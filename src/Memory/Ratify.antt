-- ===== src/Memory/Ratify.antt =====
-- internal/memory/ratify.go: which pages a person accepted on this machine, and what became of them.
use jardin.Base.{
  String, ◌<>◌, Bool, true, false, not, ◌&&◌, ◌||◌, Option, none, some, List, [], ◌∷◌, ◌++◌,
}
use jardin.Base.{◌==◌, string_eq, contains, if◌then◌else◌}
use jardin.Base.Dict
use jardin.Base.Dict.{Dict}
use jardin.Base.Text.{has_prefix, has_suffix, text_lt}
use jardin.Memory.Frontmatter.{frontmatter}

pub data Standing : Type 0 where
  ratified unratified changed missing_page : Standing

pub record Ratification : Type 0 where
  pub checksum : String
  pub machine : String
  pub date : String

-- Go's zero value, which a map gives for a missing key.
abbrev pub no_pin : Ratification
no_pin = record { checksum = ""; machine = ""; date = "" }

pub record NormativePage : Type 0 where
  pub path : String
  pub standing : Standing
  pub on : String
  pub machine : String

-- The method OK.
unfoldable pub is_ok : NormativePage → Bool
is_ok p = elim p.standing [
  | ratified ↦ true
  | unratified ↦ true
  | changed ↦ false
  | missing_page ↦ false
]

-- A file below the wiki's root. A locked one cannot be read.
pub record Page : Type 0 where
  pub bytes : String
  pub locked : Bool

-- The pin store, as reading and decoding it can turn out.
pub data PinStore : Type 0 where
  absent unreadable corrupt : PinStore
  holds : Dict String Ratification → PinStore

-- `sealed` is true where the pin store cannot be written.
pub record Wiki : Type 0 where
  pub tree : Dict String Page
  pub pins : PinStore
  pub sealed : Bool

pub data RatifyError : Type 0 where
  read_pins_failed corrupt_pins write_pins_failed : RatifyError
  not_a_page no_such_page : String → RatifyError

pub data Outcome (A : Type 0) : Type 0 where
  done : A → Outcome A
  failed : RatifyError → Outcome A

infixl 5 ◌>>=◌
abbrev pub ◌>>=◌ : {A B : Type 0} → Outcome A → (A → Outcome B) → Outcome B
done a >>= f = f a
failed e >>= f = failed e

-- What this code calls and does not hold: sha256 in hexadecimal, filepath.Clean and
-- strings.TrimSpace.
pub record Library : Type 0 where
  pub hash : String → String
  pub clean : String → String
  pub trim_space : String → String

unfoldable pub read_pins : PinStore → Outcome (Dict String Ratification)
read_pins absent = done []
read_pins unreadable = failed read_pins_failed
read_pins corrupt = failed corrupt_pins
read_pins (holds pins) = done pins

-- `writePins`: a temporary file is renamed over the store, or nothing changes.
unfoldable pub write_pins : Dict String Ratification → Wiki → Outcome (Unit {0}) × Wiki
write_pins pins w =
    if w.sealed then (failed write_pins_failed, w) else (done tt, record w { pins = holds pins })

-- The bytes of a page that can be read.
abbrev readable : Option Page → Option String
readable none = none
readable (some page) = if page.locked then none else some page.bytes

unfoldable pub read_page : Dict String Page → String → Option String
read_page tree key = readable (Dict.lookup key tree)

abbrev pub pin_or : Option Ratification → Ratification
pin_or none = no_pin
pin_or (some pin) = pin

-- `pins[key]`
unfoldable pub pin_at : Dict String Ratification → String → Ratification
pin_at pins key = pin_or (Dict.lookup key pins)

-- The function `standing`.
unfoldable pub standing_of : String → String → Standing
standing_of pinned actual =
    if pinned == "" then unratified else if pinned == actual then ratified else changed

unfoldable pub describe : String → Ratification → Standing → NormativePage
describe key pin s = record { path = key; standing = s; on = pin.date; machine = pin.machine }

-- sort.Slice by the paths, which are all different.
unfoldable pub insert_page : NormativePage → List NormativePage → List NormativePage
insert_page p [] = p ∷ []
insert_page p (q ∷ qs) =
    let rest = insert_page p qs in if text_lt q.path p.path then q ∷ rest else p ∷ q ∷ qs

unfoldable pub sort_pages : List NormativePage → List NormativePage
unfolding insert_page
sort_pages [] = []
sort_pages (p ∷ ps) = insert_page p (sort_pages ps)

module _ (lib : Library) where
  -- Checksum
  unfoldable pub checksum : String → String
  checksum body = "sha256:" <> lib.hash body

  unfoldable pub page_key : String → Outcome String
  page_key path =
      let key = lib.clean path in
      if has_prefix path "/" || key == ".." || has_prefix key "../"
      then failed (not_a_page path)
      else done key

  -- The loop of Ratify, on the pins that it has read.
  unfoldable pub ratify_all :
      String
      → String
      → List String
      → Dict String Page
      → Dict String Ratification
      → Outcome (Dict String Ratification)
  unfolding page_key read_page checksum
  ratify_all machine day [] tree pins = done pins
  ratify_all machine day (path ∷ paths) tree pins = page_key path >>= λ key.
      elim (read_page tree key) [
        | none ↦ failed (no_such_page key)
        | some body ↦ ratify_all machine day paths tree (
            Dict.insert key (record { checksum = checksum body; machine = machine; date = day })
              pins)
      ]

  -- What Ratify and Forget do with the pins that they computed.
  abbrev pub commit : Outcome (Dict String Ratification) → Wiki → Outcome (Unit {0}) × Wiki
  commit (done pins) w = write_pins pins w
  commit (failed e) w = (failed e, w)

  -- Ratify, on the day `day`.
  unfoldable pub ratify : String → String → List String → Wiki → Outcome (Unit {0}) × Wiki
  unfolding ratify_all read_pins write_pins
  ratify machine day paths w = commit (read_pins w.pins >>= ratify_all machine day paths w.tree) w

  -- The loop of Forget.
  unfoldable pub forget_all :
      List String → Dict String Ratification → Outcome (Dict String Ratification)
  unfolding page_key
  forget_all [] pins = done pins
  forget_all (path ∷ paths) pins = page_key path >>= λ key. forget_all paths (Dict.erase key pins)

  unfoldable pub forget : List String → Wiki → Outcome (Unit {0}) × Wiki
  unfolding forget_all read_pins write_pins
  forget paths w = commit (read_pins w.pins >>= forget_all paths) w

  -- Whether the walk of NormativePages lists a file, and then its bytes.
  unfoldable pub normative : String → Page → Bool
  unfolding frontmatter has_suffix
  normative key page =
      has_suffix key ".md"
      && not page.locked
      && (frontmatter lib.trim_space page.bytes).0.kind == "standard"

  -- The pages that the walk finds.
  unfoldable pub walked_pages : Dict String Ratification → Dict String Page → List NormativePage
  unfolding normative pin_at standing_of describe checksum
  walked_pages pins [] = []
  walked_pages pins ((key, page) ∷ tree) =
      let rest = walked_pages pins tree in
      if normative key page
      then describe key (pin_at pins key)
          (standing_of (pin_at pins key).checksum (checksum page.bytes))
        ∷ rest
      else rest

  -- The keys that the walk has seen.
  unfoldable pub seen_keys : Dict String Page → List String
  unfolding normative
  seen_keys [] = []
  seen_keys ((key, page) ∷ tree) =
      let rest = seen_keys tree in if normative key page then key ∷ rest else rest

  -- The pins that the walk has not seen.
  unfoldable pub missing_pages : List String → Dict String Ratification → List NormativePage
  unfolding describe
  missing_pages seen [] = []
  missing_pages seen ((key, pin) ∷ pins) =
      let rest = missing_pages seen pins in
      if contains seen key then rest else describe key pin missing_page ∷ rest

  -- NormativePages
  unfoldable pub normative_pages : Wiki → Outcome (List NormativePage)
  unfolding read_pins walked_pages seen_keys missing_pages sort_pages
  normative_pages w = read_pins w.pins >>= λ pins.
      done (sort_pages (walked_pages pins w.tree ++ missing_pages (seen_keys w.tree) pins))

  -- Whether the bytes of a pinned page have moved.
  abbrev pub has_moved : Option String → Ratification → Bool
  has_moved none pin = true
  has_moved (some body) pin = not (checksum body == pin.checksum)

  -- The set that ChangedPages gives, as the list of its keys. Its early return on no pins is the
  -- empty loop.
  unfoldable pub changed_keys : Dict String Page → Dict String Ratification → List String
  unfolding read_page
  changed_keys tree [] = []
  changed_keys tree ((key, pin) ∷ pins) =
      let rest = changed_keys tree pins in
      if has_moved (read_page tree key) pin then key ∷ rest else rest

  unfoldable pub changed_pages : Wiki → Outcome (List String)
  unfolding read_pins changed_keys
  changed_pages w = read_pins w.pins >>= λ pins. done (changed_keys w.tree pins)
+ + +
**EXERCISE**
The lines of the records that contain the string "actual" should be located and copied.

**ANSWER BELOW**
standing_of pinned actual =
    if pinned == "" then unratified else if pinned == actual then ratified else changed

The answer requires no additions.